Extrait d'une lettre de Marie Vougnon à son mari en octobre 1918
Les victimes civiles du front
Les civils sont également victimes du front, tués, bombardés, déportés ou internés.
Plus de 6 000 civils sont tués par les soldats allemands en Belgique et dans les territoires français envahis. 15 000 sont déportés et internés dans des camps en Allemagne.
Les villes et villages situés près du front sont bombardés et, au printemps 1918, les Allemands tirent sur Paris avec des canons à très longue portée, faisant plus de 250 morts.
Les raids de bombardiers allemands sur Londres font 1 400 morts entre 1917 et 1918.
Carte postale du bombardement de la cathédrale de Reims par les Allemands
© Wikimedia Commons
Le génocide des Arméniens
Entre avril 1915 et décembre 1916, le gouvernement des Jeunes Turcs au pouvoir dans l'Empire ottoman organise le massacre de la minorité arménienne chrétienne, accusée de soutenir les Russes contre les troupes ottomanes.
En Turquie, les Arméniens sont perçus comme un ennemi intérieur.
« R. Lepsius : Plus de 100 000 hommes ont déjà pris le chemin de l'exil. On ne parle officiellement que d'un changement de domicile. […]
E. Pacha : L'Allemagne a la chance de ne posséder aucun ennemi intérieur ou du moins presque pas d'ennemi de cette sorte.

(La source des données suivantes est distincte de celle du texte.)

-- ===== src/Acipctl/Config.antt =====
-- The edits of the configuration file in bin/acipctl.rs. toml_edit's documents and the validation
-- by the real configuration are parameters.
pub mod Laws
pub mod Write
pub mod Tests
use mathlib.Core.Option
use acip_sidecar.Prelude.{
  ℕ, Bool, true, false, not, ◌||◌, Option, none, some, List, [], ◌∷◌, ◌++◌, map, Result, ok, err,
  ◌>>=◌, ◌==◌, if◌then◌else◌, is_empty, take, or_else,
}
use acip_sidecar.Text.{
  Text, text, text_eq, trim, as_bytes, from_utf8, eq_ignore_ascii_case, Unicode,
}
use acip_sidecar.Json.{Fallible}
use acip_sidecar.Reputation.File.{Traced}
use acip_sidecar.Reputation.File.Effects.{
  FilePath, Bytes, Disk, Effect, create, write_byte, rename_to, remove,
}

-- Why an edit ends without a result.
pub data Stop : Type 0 where
  failed : Text → Stop
  panicked : Stop

abbrev pub Outcome : Type 0 → Type 0
Outcome A = Result Stop A

-- toml_edit: a document is the item of its root table.
pub record TomlEdit : Type 1 where
  pub Item : Type 0
  pub parse : Text → Fallible Item
  pub print : Item → Text
  -- `item[key]`, read: it panics, here `none`, on a key that is not there.
  pub index : Item → Text → Option Item
  -- `item[key] = value`, which makes an entry of its own: it panics on what can have no entries.
  pub assign : Item → Text → Item → Option Item
  pub is_none : Item → Bool
  -- `is_table` and `as_table_mut` are about tables in sections, not about inline tables.
  pub is_table : Item → Bool
  pub remove : Item → Text → Item
  pub table : Item
  pub boolean : Bool → Item
  -- The item of a text that parses as `i64`, or as `f64`.
  pub integer : Text → Option Item
  pub float : Text → Option Item
  pub string : Text → Item

-- The steps of `write_atomic`, whose temporary file tempfile names and removes again.
pub record WriteRun : Type 0 where
  pub temp : FilePath
  pub new_in : Fallible (Unit {0})
  pub write_all : Fallible (Unit {0})
  pub written : ℕ
  pub persist : Fallible (Unit {0})

-- `split('.').filter(|p| !p.is_empty())`.
add_part : Text → List Text → List Text
add_part part rest = if is_empty part then rest else part ∷ rest

split_from : Text → Text → List Text
unfolding add_part
split_from part [] = add_part part []
split_from part (c ∷ s) =
    let next = split_from [] s in
    let more = split_from (part ++ c ∷ []) s in if c == b'.' then add_part part next else more

unfoldable pub parts_of : Text → List Text
unfolding split_from
parts_of key = split_from [] key

lift : {A : Type 0} → Fallible A → Text → Outcome A
lift (ok a) c = ok a
lift (err e) c = err (failed (c ++ (text ": " ++ e)))

-- An error with its contexts.
as_failed : {A : Type 0} → Fallible A → Outcome A
as_failed (ok a) = ok a
as_failed (err e) = err (failed e)

or_panic : {A : Type 0} → Option A → Outcome A
or_panic (some a) = ok a
or_panic none = err panicked

read_bytes : Option Bytes → Outcome Text
read_bytes none = err (failed (text "No such file or directory"))
read_bytes (some bytes) = elim (from_utf8 bytes) [
  | none ↦ err (failed (text "stream did not contain valid UTF-8"))
  | some raw ↦ ok raw
]

-- With what is left behind where `persist` fails.
persist_temp : WriteRun → FilePath → Bytes → Fallible (Unit {0}) → Traced (Fallible (Unit {0}))
persist_temp run path raw (ok done) =
    (create run.temp ∷ (map (write_byte run.temp) raw ++ rename_to run.temp path ∷ []), ok tt)
persist_temp run path raw (err e) = (
  create run.temp ∷ (map (write_byte run.temp) raw ++ remove run.temp ∷ []),
  err (text "persist: " ++ e),
)

write_temp : WriteRun → FilePath → Bytes → Fallible (Unit {0}) → Traced (Fallible (Unit {0}))
unfolding persist_temp
write_temp run path raw (ok done) = persist_temp run path raw run.persist
write_temp run path raw (err e) = (
  create run.temp ∷ (map (write_byte run.temp) (take run.written raw) ++ remove run.temp ∷ []),
  err (text "write temp: " ++ e),
)

new_temp : WriteRun → FilePath → Bytes → Fallible (Unit {0}) → Traced (Fallible (Unit {0}))
unfolding write_temp
new_temp run path raw (ok done) = write_temp run path raw run.write_all
new_temp run path raw (err e) = ([], err (text "create temp file: " ++ e))

unfoldable pub write_atomic : WriteRun → FilePath → Text → Traced (Fallible (Unit {0}))
unfolding new_temp
write_atomic run path contents = new_temp run path (as_bytes contents) run.new_in

-- The end of an edit: nothing to write, or the new text.
written : WriteRun → FilePath → Outcome (Option Text) → Traced (Outcome (Unit {0}))
unfolding write_atomic as_failed
written run path (err e) = ([], err e)
written run path (ok none) = ([], ok tt)
written run path (ok (some new_txt)) =
    let (effects, result) = write_atomic run path new_txt in (effects, as_failed result)

some_parts : List Text → Outcome (List Text)
some_parts parts = if is_empty parts then err (failed (text "invalid key")) else ok parts

module _ (toml : TomlEdit) where
  -- A table in the way of the key stays; anything else that is there becomes an empty table.
  step_into : toml.Item → toml.Item
  step_into seen = if toml.is_table seen then seen else toml.table

  -- The walk along the key. What is not the last part is looked at before it is entered.
  pub set_in : List Text → toml.Item → toml.Item → Outcome toml.Item
  unfolding or_panic step_into
  set_in [] value cur = ok value
  set_in (p ∷ []) value cur = or_panic (toml.assign cur p value)
  set_in (p ∷ q ∷ ps) value cur = do
    seen ← or_panic (toml.index cur p)
    inner ← set_in (q ∷ ps) value (step_into seen)
    or_panic (toml.assign cur p inner)

  -- `none` where there is nothing to do.
  pub unset_in : List Text → toml.Item → Outcome (Option toml.Item)
  unfolding or_panic
  unset_in [] cur = ok none
  unset_in (p ∷ []) cur = if toml.is_table cur then ok (some (toml.remove cur p)) else ok none
  unset_in (p ∷ q ∷ ps) cur = do
    seen ← or_panic (toml.index cur p)
    inner ← if toml.is_none seen then ok none else unset_in (q ∷ ps) seen
    elim inner [
      | none ↦ ok none
      | some item ↦ or_panic (toml.assign cur p item) >>= λ changed. ok (some changed)
    ]

module _ (u : Unicode) (toml : TomlEdit) where
  unfoldable pub parse_toml_value : Text → toml.Item
  parse_toml_value s =
      let t = trim s in
      let l = u.to_lowercase t in
      if text_eq l (text "true") || text_eq l (text "false")
      then toml.boolean (eq_ignore_ascii_case t (text "true"))
      else elim (or_else (toml.integer t) (toml.float t)) [
        | none ↦ toml.string t
        | some item ↦ item
      ]

-- With the validation of a text by the real configuration.
module _ (u : Unicode) (toml : TomlEdit) (validate : Text → Fallible (Unit {0})) where
  validated : toml.Item → Outcome (Option Text)
  unfolding lift
  validated doc = do
    config ← lift (validate (toml.print doc)) (text "validate config")
    ok (some (toml.print doc))

  pub set_text : Text → Text → Text → Outcome (Option Text)
  unfolding validated some_parts lift
  set_text raw dotted_key value = do
    doc ← lift (toml.parse raw) (text "parse toml")
    parts ← some_parts (parts_of dotted_key)
    changed ← set_in toml parts (parse_toml_value u toml value) doc
    validated changed

  pub unset_text : Text → Text → Outcome (Option Text)
  unfolding validated some_parts lift
  unset_text raw dotted_key = do
    doc ← lift (toml.parse raw) (text "parse toml")
    parts ← some_parts (parts_of dotted_key)
    changed ← unset_in toml parts doc
    elim changed [ none ↦ ok none | some item ↦ validated item ]

  unfoldable pub set_config_value :
      WriteRun → FilePath → Disk → Text → Text → Traced (Outcome (Unit {0}))
  unfolding read_bytes set_text written
  set_config_value run path disk dotted_key value =
      written run path (read_bytes (disk path) >>= λ raw. set_text raw dotted_key value)

  unfoldable pub unset_config_value :
      WriteRun → FilePath → Disk → Text → Traced (Outcome (Unit {0}))
  unfolding read_bytes unset_text written
  unset_config_value run path disk dotted_key =
      written run path (read_bytes (disk path) >>= λ raw. unset_text raw dotted_key)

Mais supposons le cas où, en d'autres conditions, elle renfermerait de véritables ennemis intérieurs […] n'approuveriez-vous pas tous les moyens, quels qu'ils soient, auxquels il faudrait avoir recours pour délivrer du danger interne votre nation engagée dans un terrible combat ? […]
R. Lepsius : Vous voulez fonder un nouvel empire, Excellence. Mais le cadavre du peuple arménien reposera sous ses fondations. […] Ne saurait-on trouver un moyen pacifique, même aujourd'hui encore ?
E. Pacha : La paix ne peut exister entre l'homme et le microbe de la peste. »
Extraits de l'entretien entre Enver Pacha, ministre ottoman de la Guerre, et le pasteur allemand Johannes Lepsius, en 1915
Cité par Franz Werfel dans Les Quarante Jours de Musa Dagh, © Albin Michel
1936
Entre avril 1915 et décembre 1916, la mort des \dfrac{2}{3} de la population arménienne est planifiée. Cela commence par l'exécution des élites et des hommes dans les différentes villes du pays, puis se poursuit par la déportation massive des femmes, enfants et vieillards dans des camps situés dans le désert syrien.
Ce massacre est qualifié de « crime contre l'humanité et la civilisation » par les Alliés dès mai 1915. Il a causé entre 1,2 et 1,5 million de victimes.